> [Task]: From the data below, return all lines holding the string "ground".

> [Material shown]:
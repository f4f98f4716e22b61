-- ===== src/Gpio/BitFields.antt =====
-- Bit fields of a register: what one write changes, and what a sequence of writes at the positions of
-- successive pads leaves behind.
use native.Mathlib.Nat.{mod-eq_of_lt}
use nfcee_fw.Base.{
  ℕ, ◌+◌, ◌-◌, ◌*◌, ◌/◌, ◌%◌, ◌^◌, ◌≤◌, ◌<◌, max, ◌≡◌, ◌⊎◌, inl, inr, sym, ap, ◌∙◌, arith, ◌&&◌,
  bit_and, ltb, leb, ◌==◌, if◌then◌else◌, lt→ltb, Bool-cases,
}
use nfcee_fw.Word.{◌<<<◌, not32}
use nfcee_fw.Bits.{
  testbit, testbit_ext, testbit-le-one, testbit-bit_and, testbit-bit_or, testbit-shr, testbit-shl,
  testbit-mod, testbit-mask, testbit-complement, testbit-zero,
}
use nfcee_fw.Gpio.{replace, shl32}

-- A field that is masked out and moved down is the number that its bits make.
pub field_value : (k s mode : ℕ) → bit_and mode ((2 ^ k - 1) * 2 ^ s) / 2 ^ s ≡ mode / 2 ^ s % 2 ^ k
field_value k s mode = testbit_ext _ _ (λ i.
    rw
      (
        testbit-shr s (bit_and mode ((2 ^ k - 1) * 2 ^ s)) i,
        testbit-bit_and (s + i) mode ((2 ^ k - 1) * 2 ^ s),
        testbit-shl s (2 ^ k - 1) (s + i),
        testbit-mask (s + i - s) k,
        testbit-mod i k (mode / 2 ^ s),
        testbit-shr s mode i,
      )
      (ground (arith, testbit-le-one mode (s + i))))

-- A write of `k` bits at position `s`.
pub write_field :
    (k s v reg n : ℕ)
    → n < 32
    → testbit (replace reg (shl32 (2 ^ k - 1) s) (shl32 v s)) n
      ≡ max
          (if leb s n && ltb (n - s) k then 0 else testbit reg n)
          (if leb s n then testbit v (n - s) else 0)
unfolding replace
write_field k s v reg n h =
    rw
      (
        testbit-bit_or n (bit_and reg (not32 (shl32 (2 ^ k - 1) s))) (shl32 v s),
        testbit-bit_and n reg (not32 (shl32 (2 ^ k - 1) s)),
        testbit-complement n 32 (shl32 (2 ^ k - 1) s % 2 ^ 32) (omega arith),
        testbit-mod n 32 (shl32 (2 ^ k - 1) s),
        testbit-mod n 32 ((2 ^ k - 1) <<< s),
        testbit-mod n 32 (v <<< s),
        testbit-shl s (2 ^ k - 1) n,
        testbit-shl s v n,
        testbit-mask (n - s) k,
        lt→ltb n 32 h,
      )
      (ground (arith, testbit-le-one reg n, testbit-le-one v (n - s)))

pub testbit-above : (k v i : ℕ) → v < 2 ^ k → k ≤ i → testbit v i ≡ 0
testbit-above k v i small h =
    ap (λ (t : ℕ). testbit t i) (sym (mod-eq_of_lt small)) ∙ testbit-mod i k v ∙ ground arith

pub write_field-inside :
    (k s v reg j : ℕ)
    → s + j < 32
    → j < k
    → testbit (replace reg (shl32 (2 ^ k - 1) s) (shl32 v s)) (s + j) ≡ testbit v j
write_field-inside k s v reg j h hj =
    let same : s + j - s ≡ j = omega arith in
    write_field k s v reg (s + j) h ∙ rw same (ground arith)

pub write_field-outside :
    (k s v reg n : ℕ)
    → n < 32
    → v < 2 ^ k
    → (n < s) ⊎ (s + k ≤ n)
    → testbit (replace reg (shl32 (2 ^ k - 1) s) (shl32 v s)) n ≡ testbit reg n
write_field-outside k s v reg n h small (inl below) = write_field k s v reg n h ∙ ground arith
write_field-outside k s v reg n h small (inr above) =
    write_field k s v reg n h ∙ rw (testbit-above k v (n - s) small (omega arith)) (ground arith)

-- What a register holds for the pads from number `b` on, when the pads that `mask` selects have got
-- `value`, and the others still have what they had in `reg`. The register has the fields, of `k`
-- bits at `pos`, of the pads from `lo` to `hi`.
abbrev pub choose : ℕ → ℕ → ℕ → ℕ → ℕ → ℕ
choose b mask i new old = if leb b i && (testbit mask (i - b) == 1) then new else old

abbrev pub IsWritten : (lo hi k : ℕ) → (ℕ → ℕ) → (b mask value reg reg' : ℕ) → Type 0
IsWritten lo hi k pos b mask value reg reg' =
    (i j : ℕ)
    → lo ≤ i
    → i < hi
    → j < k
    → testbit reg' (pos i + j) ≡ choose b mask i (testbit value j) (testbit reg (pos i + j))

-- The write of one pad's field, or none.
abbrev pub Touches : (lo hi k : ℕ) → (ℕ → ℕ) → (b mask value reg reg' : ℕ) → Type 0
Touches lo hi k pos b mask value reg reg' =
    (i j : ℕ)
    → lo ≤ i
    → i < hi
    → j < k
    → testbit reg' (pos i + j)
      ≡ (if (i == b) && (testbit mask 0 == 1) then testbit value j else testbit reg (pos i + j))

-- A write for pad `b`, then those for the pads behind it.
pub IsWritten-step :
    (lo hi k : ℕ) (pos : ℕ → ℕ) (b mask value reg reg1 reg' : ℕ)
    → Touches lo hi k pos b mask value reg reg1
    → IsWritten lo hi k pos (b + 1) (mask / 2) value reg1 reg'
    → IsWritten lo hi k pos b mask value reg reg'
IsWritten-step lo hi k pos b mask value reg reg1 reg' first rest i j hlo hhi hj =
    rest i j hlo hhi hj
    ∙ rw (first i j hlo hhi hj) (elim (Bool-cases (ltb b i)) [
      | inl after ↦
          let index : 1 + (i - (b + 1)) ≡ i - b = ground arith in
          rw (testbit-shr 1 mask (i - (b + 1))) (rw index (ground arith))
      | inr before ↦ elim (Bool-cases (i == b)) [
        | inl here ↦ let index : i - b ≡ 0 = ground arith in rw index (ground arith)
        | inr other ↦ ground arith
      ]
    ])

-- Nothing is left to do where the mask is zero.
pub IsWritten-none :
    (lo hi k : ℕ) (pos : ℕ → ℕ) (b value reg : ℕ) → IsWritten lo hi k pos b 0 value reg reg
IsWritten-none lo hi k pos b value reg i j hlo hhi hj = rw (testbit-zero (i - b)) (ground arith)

> [Task response]:
      (ground (arith, testbit-le-one mode (s + i))))
      (ground (arith, testbit-le-one reg n, testbit-le-one v (n - s)))
    ap (λ (t : ℕ). testbit t i) (sym (mod-eq_of_lt small)) ∙ testbit-mod i k v ∙ ground arith
    write_field k s v reg (s + j) h ∙ rw same (ground arith)
write_field-outside k s v reg n h small (inl below) = write_field k s v reg n h ∙ ground arith
    write_field k s v reg n h ∙ rw (testbit-above k v (n - s) small (omega arith)) (ground arith)
          let index : 1 + (i - (b + 1)) ≡ i - b = ground arith in
          rw (testbit-shr 1 mask (i - (b + 1))) (rw index (ground arith))
        | inl here ↦ let index : i - b ≡ 0 = ground arith in rw index (ground arith)
        | inr other ↦ ground arith
IsWritten-none lo hi k pos b value reg i j hlo hhi hj = rw (testbit-zero (i - b)) (ground arith)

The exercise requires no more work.